Драголюб Иованович (в центре на возвышении) среди крестьян в местечке Гнилане в Косово. 1935
Ох и бандиты! Лучше бы полиция основательней взялась за них, чем травить вас, патриотов, пусть она донесёт до них наш прогресс, коли ни его, ни европейскую цивилизацию они к нам на порог не пускают. Нужно избавиться от этих большевиков на службе у Муссолини и Бриана26, поскольку ipso facto английское политическое здравомыслие, американская промышленность и немецкий порядок – вот то, чего нашим предкам не досталось и даже не снилось… вот то, чему следует радоваться и чем нужно гордиться, ведь международная социально-коммунистическая цивилизация попросилась к нам на постой за свой собственный счёт… дармовая цивилизация… какой же всё-таки прогресс! Превосходный образец исторического материализма и европеизации Балкан!..

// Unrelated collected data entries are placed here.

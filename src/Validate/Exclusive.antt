-- ===== src/Validate/Exclusive.antt =====
-- What a configuration is like in which the checks of Validate/Ports find no error.
use nfvis.Prelude.{
  ℕ, suc, String, false, Option, none, some, List, [], ◌∷◌, All, ◌≡◌, str_eq, refl, sym, ◌∙◌,
}
use nfvis.Model.{
  Config, Bond, InterfaceConfig, L3Interface, MgmtConfig, PortMirroring, SystemConfig,
  VirtualSwitch, VppConfig, VppDevOverride, VppDpdk, VswitchPort, Vrf,
}
use nfvis.Orchestrator.Planned.Names.{IsUnique}
use nfvis.Validate.Tables.{Texts, all_of, error_if}
use nfvis.Validate.Ports.{
  each, check_port_role_exclusivity, conflict_blocks, dev_conflicts, vpp_conflicts,
  check_management_isolation,
}
use nfvis.Validate.Roles.{used_ports, check_port_role_exclusivity-IsUnique}
use nfvis.Validate.Duplicates.{append-nil, all_of-nil, error_if-nil}

pub each-nil :
    {A B : Type 0} (f : ℕ → A → List B) (P : A → Type 0)
    → ((i : ℕ) (x : A) → f i x ≡ [] → P x)
    → (i : ℕ) (xs : List A) → each f i xs ≡ []
    → All P xs
each-nil f P p i [] h = tt
each-nil f P p i (x ∷ xs) h =
    let (e, es) = append-nil (f i x) (each f (suc i) xs) h in
    (p i x e, each-nil f P p (suc i) xs es)

module _ (texts : Texts) (c : Config) (mgmt : String) where
  abbrev IsFree : String → Type 0
  IsFree n = str_eq n mgmt ≡ false

  abbrev overrides_of : Option VppDpdk → List VppDevOverride
  overrides_of none = []
  overrides_of (some d) = d.per_dev

  abbrev devices_of : Option VppConfig → List VppDevOverride
  devices_of none = []
  devices_of (some v) = overrides_of v.dpdk

  -- The data plane does not use the port.
  pub record IsIsolated : Type 0 where
    pub interfaces : All (λ (i : InterfaceConfig). IsFree i.name) c.interfaces
    pub members : All (λ (b : Bond). All IsFree b.members) c.bonds
    pub ports :
        All
          (λ (s : VirtualSwitch). All (λ (q : VswitchPort). IsFree q.interface) s.ports)
          c.virtual_switches
    pub routed :
        All (λ (r : Vrf). All (λ (l : L3Interface). IsFree l.interface) r.l3_interfaces) c.vrfs
    pub mirrored :
        All (λ (m : PortMirroring). IsFree m.source.interface × IsFree m.analyzer) c.port_mirroring
    pub devices : All (λ (d : VppDevOverride). IsFree d.interface) (devices_of c.vpp)

  conflict-free : (n path format : String) → error_if (str_eq n mgmt) path format ≡ [] → IsFree n
  conflict-free n path format h = error_if-nil (str_eq n mgmt) _ _ h

  dpdk-free :
      (d : Option VppDpdk)
      → dev_conflicts texts c mgmt d ≡ []
      → All (λ (x : VppDevOverride). IsFree x.interface) (overrides_of d)
  dpdk-free none h = tt
  dpdk-free (some d) h = each-nil _ _ (λ k x. conflict-free x.interface _ _) 0 d.per_dev h

  vpp-free :
      (v : Option VppConfig)
      → vpp_conflicts texts c mgmt v ≡ []
      → All (λ (x : VppDevOverride). IsFree x.interface) (devices_of v)
  vpp-free none h = tt
  vpp-free (some v) h = dpdk-free v.dpdk h

  conflict_blocks-IsIsolated : all_of (conflict_blocks texts c mgmt) ≡ [] → IsIsolated
  conflict_blocks-IsIsolated h =
      let e = all_of-nil (conflict_blocks texts c mgmt) h in
      record {
        interfaces = each-nil _ _ (λ k x. conflict-free x.name _ _) 0 c.interfaces e.0;
        members =
            each-nil _ _ (λ k x. each-nil _ IsFree (λ j n. conflict-free n _ _) 0 x.members) 0
              c.bonds e.1.1.0;
        ports =
            each-nil _ _ (λ k x. each-nil _ _ (λ j q. conflict-free q.interface _ _) 0 x.ports) 0
              c.virtual_switches e.1.1.1.0;
        routed =
            each-nil _ _
              (λ k x. each-nil _ _ (λ j y. conflict-free y.interface _ _) 0 x.l3_interfaces) 0
              c.vrfs e.1.1.1.1.0;
        mirrored =
            each-nil _ _
              (λ k x h.
                let (s, a) = append-nil _ _ h in
                (conflict-free x.source.interface _ _ s, conflict-free x.analyzer _ _ a))
              0 c.port_mirroring e.1.1.1.1.1.0;
        devices = vpp-free c.vpp e.1.0;
      }

check_management_isolation-given :
    (texts : Texts) (c : Config) (s : SystemConfig) (m : MgmtConfig)
    → c.system ≡ some s
    → s.management ≡ some m
    → str_eq m.interface "" ≡ false
    → check_management_isolation texts c ≡ all_of (conflict_blocks texts c m.interface)
unfolding check_management_isolation
check_management_isolation-given texts c s m is_s is_m given = rw is_s (rw is_m (rw given refl))

-- If a management port is given, and neither the check of roles nor that of the management port finds
-- an error, then no port that is there is used twice, be it as the member of a bond, the port of a switch,
-- an interface of a routing table, or the source or analyzer of a mirror, and no interface, DPDK device, bond, switch, routing table or mirror names the management port.
pub check_ports-IsExclusive :
    (texts : Texts) (c : Config) (s : SystemConfig) (m : MgmtConfig)
    → c.system ≡ some s
    → s.management ≡ some m
    → str_eq m.interface "" ≡ false
    → check_port_role_exclusivity texts c ≡ []
    → check_management_isolation texts c ≡ []
    → IsUnique (λ n. n) (used_ports texts c) × IsIsolated texts c m.interface
check_ports-IsExclusive texts c s m is_s is_m given roles h = (
  check_port_role_exclusivity-IsUnique texts c roles,
  conflict_blocks-IsIsolated texts c m.interface
      (sym (check_management_isolation-given texts c s m is_s is_m given) ∙ h),
)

Когда профессор закончил речь, на него обрушился такой шквал аплодисментов, а публика была в таком восторге, что от смущения он даже споткнулся о кочку. Сербица же, наизусть знавшая все неудобоваримые тирады профессора, которыми тот потчевал слушателей по любому поводу – будь то на политических собраниях или во время занятий на кафедре, – попросту его не слушала. Её занимало другое. Куда интереснее ей было наблюдать за подвижной мимикой Варварогения, за его живым выражением лица, на котором посторонние замечали лишь гримасы. Больше всего её озадачивало, скорее даже поражало то, как Варварогений рос прямо на глазах, достигая невероятных, по сравнению с окружающими, размеров.
От этого Сербице стало очень не по себе.